Researchers randomly assigned patients to receive either the SB623 implant (n = 46) or sham surgery (n = 15). The treatment group was further randomly assigned to 2.5x106 (n = 15), 5x106 (n = 15) or 10x106 (n = 16). They wrote that SB623 cells “are produced by the transient transfection of MSCs with a plasmid containing the human Notch-1 intracellular domain” and “increases [cells’] ability to secrete trophic factors, chemotactic factors and deposit extracellular matrix proteins which may support damaged neural cells.” The proprietary formulation is also being developed for other indications including spinal cord injury, according to SanBio.

Significant improvement of FMMS scores from baseline at 6 months served as the study’s primary endpoint. Researchers selected FMMS score, which is “well-established as a measure of motor impairment” and often used as a measurement of chronic stroke recovery, as the primary endpoint “because of its reliability and validity in measuring changes in patients with persistent motor deficits.”

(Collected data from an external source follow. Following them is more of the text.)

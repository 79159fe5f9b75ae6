-- ===== src/Api/Listings.antt =====
-- The listings of routers/projects.py and pools.py.
pub mod Complete
use bonerepo.Store.{
  project_tenant, pool_tenant, ◌>>=◌, World, Exec, Failure, plimsoll, pure, lift, session_for_org,
}
use bonerepo.Prelude.{ℕ, suc, Option, none, some, List, Result, err, if◌then◌else◌}
use bonerepo.Prelude.Texts.{Text}
use bonerepo.Contracts.Errors.{permission_denied}
use bonerepo.Tokens.{AccessClaims}
use bonerepo.Permissions.{Permission, project_read, holds}
use bonerepo.Store.Rows.{Project, GeneratorPool}
use bonerepo.Pagination.{Codec, Page, Position, position, position_from, page_of}
use bonerepo.Repositories.Projects as projects
use bonerepo.Repositories.Pools as pools

module _ (c : Codec) where
  unfoldable pub projects_from : ℕ → Result Failure (Option Position) → Exec (Page Project)
  projects_from limit start = do
    after ← lift start
    rows ← projects.list_page (suc limit) after
    pure (page_of c (position (λ (r : Project). r.created_at)) (λ row. row) rows limit)

  unfoldable pub list_projects : ℕ → Option Text → Exec (Page Project)
  unfolding projects_from
  list_projects limit cursor = projects_from limit (position_from c cursor)

  -- `_response` raises at a `config` that is the JSON null; no pool is stored with one, since the
  -- update that writes it is rolled back by its own response.
  unfoldable pub pools_from : ℕ → Result Failure (Option Position) → Exec (Page GeneratorPool)
  pools_from limit start = do
    after ← lift start
    rows ← pools.list_page (suc limit) after
    pure (page_of c (position (λ (r : GeneratorPool). r.created_at)) (λ row. row) rows limit)

  unfoldable pub list_pools : ℕ → Option Text → Exec (Page GeneratorPool)
  unfolding pools_from
  list_pools limit cursor = pools_from limit (position_from c cursor)

-- The guard and the transaction of a listing.
unfoldable pub handle_listing :
    {A : Type 0} → AccessClaims → Exec (Page A) → World → Result Failure (Page A) × World
handle_listing principal block w =
    if holds principal.role project_read
    then session_for_org (some principal.organization_id) block w
    else (err (plimsoll (record { code = permission_denied; details = none })), w)
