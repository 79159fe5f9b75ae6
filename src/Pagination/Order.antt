-- ===== src/Pagination/Order.antt =====
-- The order of a listing: strictly descending, if no two rows have one identifier.
use bonerepo.Prelude.{
  ℕ, ◌≡◌, ◌⊎◌, inl, inr, refl, sym, subst, Bool, true, false, Option, List, [], ◌∷◌, keep, Among,
  here, there, arith, if◌then◌else◌,
}
use bonerepo.Prelude.Sorting.{place, sort, Among-place, Among-sort}
use bonerepo.Store.Table.{Tenant, select}
use bonerepo.Pagination.{Position, precedes, position, newer, listing}

pub precedes_trans :
    (p q r : Position) → precedes p q ≡ true → precedes q r ≡ true → precedes p r ≡ true
unfolding precedes
precedes_trans p q r h k = ground arith

pub precedes_irrefl : (p : Position) → precedes p p ≡ false
unfolding precedes
precedes_irrefl p = ground arith

precedes_total : (p q : Position) → ¬ (p.id ≡ q.id) → precedes p q ≡ false → precedes q p ≡ true
unfolding precedes
precedes_total p q apart h = ground arith

pub precedes_asym : (p q : Position) → precedes p q ≡ true → precedes q p ≡ false
unfolding precedes
precedes_asym p q h = ground arith

module _ {R : Type 0} ⦃t : Tenant R⦄ where
  -- No two rows have one identifier.
  abbrev pub DistinctIds : List R → Type 0
  DistinctIds [] = Unit
  DistinctIds (r ∷ rows) = ((s : R) → Among s rows → ¬ (t.id_of r ≡ t.id_of s)) × DistinctIds rows

  kept_of :
      (b : Bool) (x : R) (rest rows : List R) (r : R)
      → Among r (if b then x ∷ rest else rest)
      → (Among r rest → Among r rows)
      → Among r (x ∷ rows)
  kept_of true x rest rows r (here e) inside = here e
  kept_of true x rest rows r (there m) inside = there (inside m)
  kept_of false x rest rows r m inside = there (inside m)

  keep-Among : (p : R → Bool) (rows : List R) (r : R) → Among r (keep p rows) → Among r rows
  unfolding keep
  keep-Among p [] r m = m
  keep-Among p (x ∷ rows) r m = kept_of (p x) x (keep p rows) rows r m (keep-Among p rows r)

  kept-DistinctIds :
      (b : Bool) (x : R) (rest : List R)
      → ((s : R) → Among s rest → ¬ (t.id_of x ≡ t.id_of s))
      → DistinctIds rest
      → DistinctIds (if b then x ∷ rest else rest)
  kept-DistinctIds true x rest apart d = (apart, d)
  kept-DistinctIds false x rest apart d = d

  keep-DistinctIds : (p : R → Bool) (rows : List R) → DistinctIds rows → DistinctIds (keep p rows)
  unfolding keep
  keep-DistinctIds p [] d = tt
  keep-DistinctIds p (x ∷ rows) d =
      kept-DistinctIds (p x) x (keep p rows) (λ s m. d.0 s (keep-Among p rows s m))
        (keep-DistinctIds p rows d.1)

module _ {R : Type 0} ⦃t : Tenant R⦄ (at : R → ℕ) where
  -- Each row comes after the rows that are newer.
  abbrev pub Descending : List R → Type 0
  Descending [] = Unit
  Descending (r ∷ rows) =
      ((s : R) → Among s rows → precedes (position at s) (position at r) ≡ true) × Descending rows

  placed-Descending :
      (b : Bool) (a x : R) (xs rest : List R)
      → newer at a x ≡ b
      → (b ≡ false → newer at x a ≡ true)
      → Descending (x ∷ xs)
      → ((s : R) → Among s rest → (s ≡ a) ⊎ Among s xs)
      → Descending rest
      → Descending (if b then a ∷ x ∷ xs else x ∷ rest)
  unfolding newer
  placed-Descending true a x xs rest e other d inside dr = (
    λ s m. elim m [
      | here same ↦ subst (λ r. precedes (position at r) (position at a) ≡ true) (sym same) e
      | there n ↦ precedes_trans (position at s) (position at x) (position at a) (d.0 s n) e
    ],
    d,
  )
  placed-Descending false a x xs rest e other d inside dr = (
    λ s m. elim (inside s m) [
      | inl same ↦
          subst (λ r. precedes (position at r) (position at x) ≡ true) (sym same) (other refl)
      | inr n ↦ d.0 s n
    ],
    dr,
  )

  place-Descending :
      (a : R) (ys : List R)
      → Descending ys
      → ((s : R) → Among s ys → ¬ (t.id_of a ≡ t.id_of s))
      → Descending (place (newer at) a ys)
  unfolding place newer position
  place-Descending a [] d apart = ((λ s m. elim m [ ]), tt)
  place-Descending a (x ∷ xs) d apart =
      placed-Descending (newer at a x) a x xs (place (newer at) a xs) refl
        (λ e.
          precedes_total (position at x) (position at a) (λ same. apart x (here refl) (sym same)) e)
        d (λ s. (Among-place (newer at) a s xs).0)
        (place-Descending a xs d.1 (λ s m. apart s (there m)))

  sort-Descending : (rows : List R) → DistinctIds rows → Descending (sort (newer at) rows)
  unfolding sort
  sort-Descending [] d = tt
  sort-Descending (x ∷ rows) d =
      place-Descending x (sort (newer at) rows) (sort-Descending rows d.1)
        (λ s m. d.0 s ((Among-sort (newer at) s rows).0 m))

  pub listing-Descending :
      (org : Option ℕ) (p : R → Bool) (rows : List R)
      → DistinctIds rows
      → Descending (listing at org p rows)
  unfolding listing select
  listing-Descending org p rows d = sort-Descending _ (keep-DistinctIds _ rows d)
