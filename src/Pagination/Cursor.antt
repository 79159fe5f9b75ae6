-- ===== src/Pagination/Cursor.antt =====
-- A cursor is read back as the position that it was made from.
use bonerepo.Prelude.{
  ℕ, zero, suc, ◌+◌, ◌%◌, ◌≡◌, ◌<◌, refl, ◌∙◌, sym, ap, ok, some, [], ◌∷◌, ◌++◌, length, arith,
}
use bonerepo.Prelude.Texts.{Text}
use bonerepo.Pagination.{
  Position, Payload, Codec, string, equals, replicate, rstrip, missing_padding, encode_cursor,
  decode_cursor, load_bytes, dict_of, position_of, timestamp_of, uuid_of, with_id, with_at,
  position_from, cursor_at,
}

rstrip-replicate : (c : ℕ) (k : ℕ) → rstrip c (replicate k c) ≡ []
unfolding rstrip replicate
rstrip-replicate c zero = refl
rstrip-replicate c (suc k) = ground (arith, rstrip-replicate c k)

pub rstrip-append : (c k : ℕ) (s : Text) → rstrip c (s ++ replicate k c) ≡ rstrip c s
unfolding rstrip
rstrip-append c k [] = rstrip-replicate c k
rstrip-append c k (x ∷ s) = rw (rstrip-append c k s) refl

padding_restored :
    (core : Text) (k : ℕ) → k < 4 → (length core + k) % 4 ≡ 0 → missing_padding core ≡ k
unfolding missing_padding
padding_restored core k small whole = omega arith

module _ (c : Codec) where
  pub decode_cursor-encode_cursor :
      (p : Payload) → decode_cursor c (encode_cursor c p) ≡ some (string p.at, string p.id)
  unfolding decode_cursor encode_cursor load_bytes dict_of
  decode_cursor-encode_cursor p =
      let g = c.groups (c.dumps p) in
      let core : Text = g.0 in
      let k : ℕ = g.1 in
      let stripped : rstrip equals (c.b64encode (c.dumps p)) ≡ core =
        ap (rstrip equals) g.2 ∙ rstrip-append equals k core ∙ g.3 in
      let padded : core ++ replicate (missing_padding core) equals ≡ c.b64encode (c.dumps p) =
        ap (λ n. core ++ replicate n equals) (padding_restored core k g.4 g.5) ∙ sym g.2 in
      rw (stripped, padded, c.b64decode-b64encode (c.dumps p), c.loads-dumps p) refl

  -- A cursor that the server made is read back as the position of the row that it was made from.
  pub position_from-cursor_at :
      (p : Position) → position_from c (some (cursor_at c p)) ≡ ok (some p)
  unfolding position_from cursor_at position_of timestamp_of uuid_of with_id with_at
  position_from-cursor_at p =
      let payload : Payload = record { at = c.isoformat p.at; id = c.str p.id } in
      rw
        (
          ap (position_of c) (decode_cursor-encode_cursor payload),
          c.fromisoformat-isoformat p.at,
          c.uuid-str p.id,
        )
        refl
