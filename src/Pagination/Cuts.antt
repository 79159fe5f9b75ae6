-- ===== src/Pagination/Cuts.antt =====
-- A page as a part of a list.
use bonerepo.Prelude.{
  ℕ, zero, suc, ◌≤◌, ◌<◌, ◌≡◌, refl, ap, ltb, List, [], ◌∷◌, ◌++◌, length, take, map, arith,
}
use bonerepo.Pagination.{last}

-- A list cut behind its first n + 1 elements.
pub record Cut {A : Type 0} (n : ℕ) (xs : List A) : Type 0 where
  pub initial : List A
  pub final : A
  pub rest : List A
  pub whole : xs ≡ initial ++ final ∷ rest
  pub taken : take (suc n) xs ≡ initial ++ final ∷ []

pub cut : {A : Type 0} (n : ℕ) (xs : List A) → n < length xs → Cut n xs
cut n [] h = absurd (omega arith)
cut zero (x ∷ xs) h = record { initial = []; final = x; rest = xs; whole = refl; taken = refl }
cut (suc n) (x ∷ xs) h =
    let c = cut n xs (omega arith) in
    record {
      initial = x ∷ c.initial;
      final = c.final;
      rest = c.rest;
      whole = ap (λ l. x ∷ l) c.whole;
      taken = ap (λ l. x ∷ l) c.taken;
    }

pub take_all : {A : Type 0} (n : ℕ) (xs : List A) → length xs ≤ n → take n xs ≡ xs
take_all zero [] h = refl
take_all zero (x ∷ xs) h = absurd (omega arith)
take_all (suc n) [] h = refl
take_all (suc n) (x ∷ xs) h = ap (λ l. x ∷ l) (take_all n xs (omega arith))

pub take-take_more : {A : Type 0} (n : ℕ) (xs : List A) → take n (take (suc n) xs) ≡ take n xs
take-take_more zero xs = refl
take-take_more (suc n) [] = refl
take-take_more (suc n) (x ∷ xs) = ap (λ l. x ∷ l) (take-take_more n xs)

-- One row more than a page is there exactly when the rows go on.
pub more_rows :
    {A : Type 0} (n : ℕ) (xs : List A) → ltb n (length (take (suc n) xs)) ≡ ltb n (length xs)
more_rows zero [] = refl
more_rows zero (x ∷ xs) = ground arith
more_rows (suc n) [] = refl
more_rows (suc n) (x ∷ xs) = ground (arith, more_rows n xs)

pub last-append : {A : Type 0} (a x : A) (xs : List A) → last a (xs ++ x ∷ []) ≡ x
unfolding last
last-append a x [] = refl
last-append a x (y ∷ xs) = last-append y x xs

pub map-append :
    {A B : Type 0} (f : A → B) (xs ys : List A) → map f (xs ++ ys) ≡ map f xs ++ map f ys
map-append f [] ys = refl
map-append f (x ∷ xs) ys = ap (λ l. f x ∷ l) (map-append f xs ys)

FMSS scores improved more in patients treated with SB623 compared with controls at 6 months (least square [LS] mean, +8.3 vs. +2.3); the LS mean difference between scores was 6 (95% CI, 0.3-11.8). Patients in the 5.0x106 group saw the greatest FMMS score improvements at 6 months (+10.9 vs. +2.4 point improvement; P = .002) and had the highest percentage of patients whose FMMS scores improved by 10 or more points (53.3%).

No dose-limiting toxicities or deaths occurred. Treatment-emergent adverse events occurred in 100% of patients treated with SB623 compared with 93.3% of controls, though this difference was not statistically significant. Headache of mild or moderate severity was the most common treatment-emergent adverse event in both the SB623 pooled group (50%) and the control group (26.7%).

“In this interim analysis of a first double-blind, randomized, controlled clinical trial of cell therapy for chronic motor deficits secondary to TBI, treatment with SB623 cells appeared to be safe and was associated with statistically significant improvement of the Fugl-Meyer Motor Scale at 6 months,” the researchers wrote. “The favorable safety and efficacy outcomes reported here demonstrate the need for functional imaging studies and confirmatory Phase 3 clinical trials of SB623 cells for the treatment of chronic motor deficits secondary to TBI.”